Diversity Within Neurodivergence
Former motorcycle racer and television presenter Guy Martin, best known for his engineering-based feats and projects, and television quiz personality Anne Hegerty of The Chase, were both diagnosed with AS as adults and have spoken about the different ways in which it affects them. Martin has attributed his work ethic, ability to focus, and problem-solving skills to the condition, while Hegerty has stated that she needs to ‘ration social contact’, finding it overwhelming if faced with a situation such as a party for a prolonged period of time. Hegerty has also described her difficulties with multi-tasking, finding that she will focus on something intently and then find it hard to move her attention. This is at odds with Anthony Hopkins’s experience of Asperger’s, and demonstrates the divergence and individuality that exists within people with the same condition. While there are behavioural traits that we understand as being typical of Asperger’s and that are usually present for diagnosis, it is still imperative that autistic people are not stereotyped and are supported based on their specific needs.

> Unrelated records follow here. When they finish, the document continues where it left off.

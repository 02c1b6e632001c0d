-- ===== src/Tests.antt =====
-- Concrete runs of the program's parts.
mod Messages
mod Streams
mod Strings
mod Transfers
mod Nodes
mod Lists
mod Texts
mod Sessions
mod Tasks
mod Uploads
mod Downloads
mod Clients
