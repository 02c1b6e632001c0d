-- ===== src/Tests/Clients.antt =====
-- The client: a few lines that are typed, and what it runs through.
use they_chat.Base.{ℕ, ◌<◌, ◌^◌, Bool, true, Option, none, List, [], ◌∷◌, ◌==◌, replicate, arith}
use they_chat.CString.{codes}
use they_chat.Message.{Message}
use they_chat.ClientList.{AppState}
use they_chat.NetPrimitives.{ErrorCode}
use they_chat.ServerStates.{failure}
use they_chat.Command.{CommandType, Dispatched, dispatch_command}
use they_chat.Command.Requests.{DispatchesMessage, dispatch_command-DispatchesMessage}
use they_chat.ClientStates.{Happening, line, status, Run, state_handler_fsm}
use they_chat.ClientStates.Fsm.{Aborts, visits, state_handler_fsm-Aborts}
use they_chat.ChatEntries.{chat_entries_create}
use they_chat.ChatEntries.Laws.{Latest, add_all, chat_entries_add-chat_entries_create}

chat_entries_add-chat_entries_create_example :
    Latest (1 ∷ 2 ∷ []) (add_all (chat_entries_create {A = ℕ}) (1 ∷ 2 ∷ []))
chat_entries_add-chat_entries_create_example =
    chat_entries_add-chat_entries_create {A = ℕ} (1 ∷ 2 ∷ [])

abbrev to_seven : List ℕ → ℕ
to_seven text = 7

seven-small : (text : List ℕ) → to_seven text < 2 ^ 32
seven-small text = omega arith

abbrev on_disk : List ℕ → Bool
on_disk path = true

dispatch_command-DispatchesMessage_example : DispatchesMessage (
    dispatch_command to_seven on_disk on_disk
      (replicate 16 0)
      (codes "/download id 7")
      (CommandType.download ∷ []))
dispatch_command-DispatchesMessage_example =
    dispatch_command-DispatchesMessage to_seven on_disk on_disk (replicate 16 0) seven-small
      (codes "/download id 7") (CommandType.download ∷ [])

abbrev is_blank : ℕ → Bool
is_blank b = b == 32

abbrev sent : Message → Option ErrorCode
sent m = none

abbrev lines : List Happening → Run
lines happenings = record {
  early = [];
  status_result = none;
  task_result = none;
  happenings = happenings;
  name_old = replicate 32 0;
  chat_old = record {
    username = replicate 32 0;
    text = replicate 512 0;
    ip = replicate 16 0;
    time = 0;
  };
  now = 0;
  username = codes "bob";
}

-- The connection is lost before the first message.
abbrev runs : List Run
runs =
    lines (line (codes "/connect") ∷ [])
    ∷ lines (status (failure ErrorCode.net_peer_disconnected) ∷ [])
    ∷ lines []
    ∷ []

abbrev commands : List ℕ → List CommandType → Dispatched
commands = dispatch_command to_seven on_disk on_disk (replicate 16 0)

state_handler_fsm-Aborts_example :
    Aborts is_blank sent commands
      (state_handler_fsm is_blank sent commands AppState.offline runs)
      (visits is_blank sent commands AppState.offline runs)
state_handler_fsm-Aborts_example =
    state_handler_fsm-Aborts is_blank sent to_seven on_disk on_disk (replicate 16 0) runs
      seven-small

I found a number of very interesting journal articles about autism and late diagnosis on LibrarySearch by using a few simple keyword searches, for example entering “autism late diagnosis” and “adult diagnosis Asperger’s”. Many of them were clinical studies and perhaps a little too scientific for my own humanities-focused eye but I also found this article about the author’s personal late adult diagnosis and the effect it has had on their identity and sense of self, which gave me a real insight. For those with an interest in researching the diagnosis of autism, there is a wealth of information available through LibrarySearch thanks to the library’s access to a huge number of scientific and medical journals. An area I figured it would be pertinent to note for further delving as there are relevant available online resources is the disparity of experience between white and BAME autistic people, and also between heterosexual and LGBT autistic people. I also found this article, part of a special edition of the journal Autism centred around women and girls on the autism spectrum, about the tendency for ASD to go undiagnosed in girls and women for longer than in boys and men. This is in part due to social and cultural factors, with girls more likely to be socialised to mimic and emulate social norms. For autistic people who intersect these identities of race, sexual orientation and gender, it can become all the more complex.
This is why initiatives such as AAW are so vital. By increasing understanding of autism, its effects in both broad and more nuanced ways, and how autistic people can best be supported, we create a richer environment for everyone. It is interesting to consider the impact AAW and charity organisations like the National Autistic Society might have had on the lives of those diagnosed as adults if it had existed in their early years. Certainly autism hasn’t stood in the way of incredible achievements; in fact it has directly contributed to them, and if autistic people are given the support they need as knowledge and familiarity with ASD grows in their communities, their wellbeing can flourish as they progress and achieve.